**What to do:**
Could you retype every record below exactly as it appears?

**Data provided:**
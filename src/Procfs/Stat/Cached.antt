-- ===== src/Procfs/Stat/Cached.antt =====
-- The cache of `cachedReadAllProcStats` in go/src/dropbox/procfs/stat.go.
use dbx_build_tools.Base.{
  ℕ, ◌+◌, ◌-◌, ◌≤◌, ◌<◌, ◌≡◌, ◌∙◌, ◌⊎◌, inl, inr, List, ltb, Bool-cases, arith, if◌then◌else◌,
}
use dbx_build_tools.Base.Result.{Result, ok, Result-cases}
use dbx_build_tools.Procfs.Fault.{Fault}
use dbx_build_tools.Procfs.Tree.{ProcStat}
use dbx_build_tools.Procfs.Stat.{Cache, cached_read_all}

-- `reads` is what `readAllProcStats` gives at each time.
module _ (reads : ℕ → Result Fault (List ProcStat)) where
  -- The cache has its initial time, or holds what was read at its time.
  abbrev pub IsFilled : ℕ → Cache → Type 0
  IsFilled now cache =
      (cache.cache_time ≡ 0)
      ⊎ ((cache.cache_time ≤ now) × (reads cache.cache_time ≡ ok cache.cache_proc_stats))

  -- Entries that were read at most `stale_allowed` ago.
  abbrev pub IsRecent : ℕ → ℕ → List ProcStat → Type 0
  IsRecent now stale_allowed ps =
      (time : ℕ) × (time ≤ now) × (now ≤ time + stale_allowed) × (reads time ≡ ok ps)

  -- At a time more than the longest duration after the zero time, and with less than that duration
  -- allowed, the cache stays filled, and what a call gives was read at most so long before it.
  pub cached_read_all-IsRecent :
      (longest now stale_allowed : ℕ) (cache : Cache)
      → longest ≤ now
      → stale_allowed < longest
      → IsFilled now cache
      → IsFilled now (cached_read_all longest now stale_allowed (reads now) cache).0
        × ((ps : List ProcStat)
            → (cached_read_all longest now stale_allowed (reads now) cache).1 ≡ ok ps
            → IsRecent now stale_allowed ps)
  unfolding cached_read_all
  cached_read_all-IsRecent longest now stale cache late short filled =
      elim (Bool-cases (
        ltb stale
          (if ltb longest (now - cache.cache_time) then longest else now - cache.cache_time))) [
            | inl old ↦ elim (Result-cases (reads now)) [
              | inl (ps, e) ↦
                  rw (cached_read_all, old, e)
                    (inr (omega arith, e), λ qs h. (now, omega arith, omega arith, e ∙ h))
              | inr (inl (f, e)) ↦ rw (cached_read_all, old, e) (filled, λ qs h. absurd (cc (h)))
              | inr (inr e) ↦ rw (cached_read_all, old, e) (filled, λ qs h. absurd (cc (h)))
            ]
            | inr young ↦
                rw (cached_read_all, young)
                  (
                    filled,
                    λ qs h. elim filled [
                      | inl zero_time ↦ absurd (ground (arith, young, zero_time))
                      | inr (before, read) ↦ (
                        cache.cache_time,
                        before,
                        ground (arith, young, short),
                        ground (arith, read, h),
                      )
                    ],
                  )
          ]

**Solution for this problem:**
filename src/Procfs/Stat/Cached.antt
-- ===== src/Procfs/Stat/Cached.antt =====
-- The cache of `cachedReadAllProcStats` in go/src/dropbox/procfs/stat.go.
use dbx_build_tools.Base.{
  ℕ, ◌+◌, ◌-◌, ◌≤◌, ◌<◌, ◌≡◌, ◌∙◌, ◌⊎◌, inl, inr, List, ltb, Bool-cases, arith, if◌then◌else◌,
}
use dbx_build_tools.Base.Result.{Result, ok, Result-cases}
use dbx_build_tools.Procfs.Fault.{Fault}
use dbx_build_tools.Procfs.Tree.{ProcStat}
use dbx_build_tools.Procfs.Stat.{Cache, cached_read_all}

-- `reads` is what `readAllProcStats` gives at each time.
module _ (reads : ℕ → Result Fault (List ProcStat)) where
  -- The cache has its initial time, or holds what was read at its time.
  abbrev pub IsFilled : ℕ → Cache → Type 0
  IsFilled now cache =
      (cache.cache_time ≡ 0)
      ⊎ ((cache.cache_time ≤ now) × (reads cache.cache_time ≡ ok cache.cache_proc_stats))

  -- Entries that were read at most `stale_allowed` ago.
  abbrev pub IsRecent : ℕ → ℕ → List ProcStat → Type 0
  IsRecent now stale_allowed ps =
      (time : ℕ) × (time ≤ now) × (now ≤ time + stale_allowed) × (reads time ≡ ok ps)

  -- At a time more than the longest duration after the zero time, and with less than that duration
  -- allowed, the cache stays filled, and what a call gives was read at most so long before it.
  pub cached_read_all-IsRecent :
      (longest now stale_allowed : ℕ) (cache : Cache)
      → longest ≤ now
      → stale_allowed < longest
      → IsFilled now cache
      → IsFilled now (cached_read_all longest now stale_allowed (reads now) cache).0
        × ((ps : List ProcStat)
            → (cached_read_all longest now stale_allowed (reads now) cache).1 ≡ ok ps
            → IsRecent now stale_allowed ps)
  unfolding cached_read_all
  cached_read_all-IsRecent longest now stale cache late short filled =
      elim (Bool-cases (
        ltb stale
          (if ltb longest (now - cache.cache_time) then longest else now - cache.cache_time))) [
            | inl old ↦ elim (Result-cases (reads now)) [
              | inl (ps, e) ↦
                  rw (cached_read_all, old, e)
                    (inr (omega arith, e), λ qs h. (now, omega arith, omega arith, e ∙ h))
              | inr (inl (f, e)) ↦ rw (cached_read_all, old, e) (filled, λ qs h. absurd (cc (h)))
              | inr (inr e) ↦ rw (cached_read_all, old, e) (filled, λ qs h. absurd (cc (h)))
            ]
            | inr young ↦
                rw (cached_read_all, young)
                  (
                    filled,
                    λ qs h. elim filled [
                      | inl zero_time ↦ absurd (ground (arith, young, zero_time))
                      | inr (before, read) ↦ (
                        cache.cache_time,
                        before,
                        ground (arith, young, short),
                        ground (arith, read, h),
                      )
                    ],
                  )
          ]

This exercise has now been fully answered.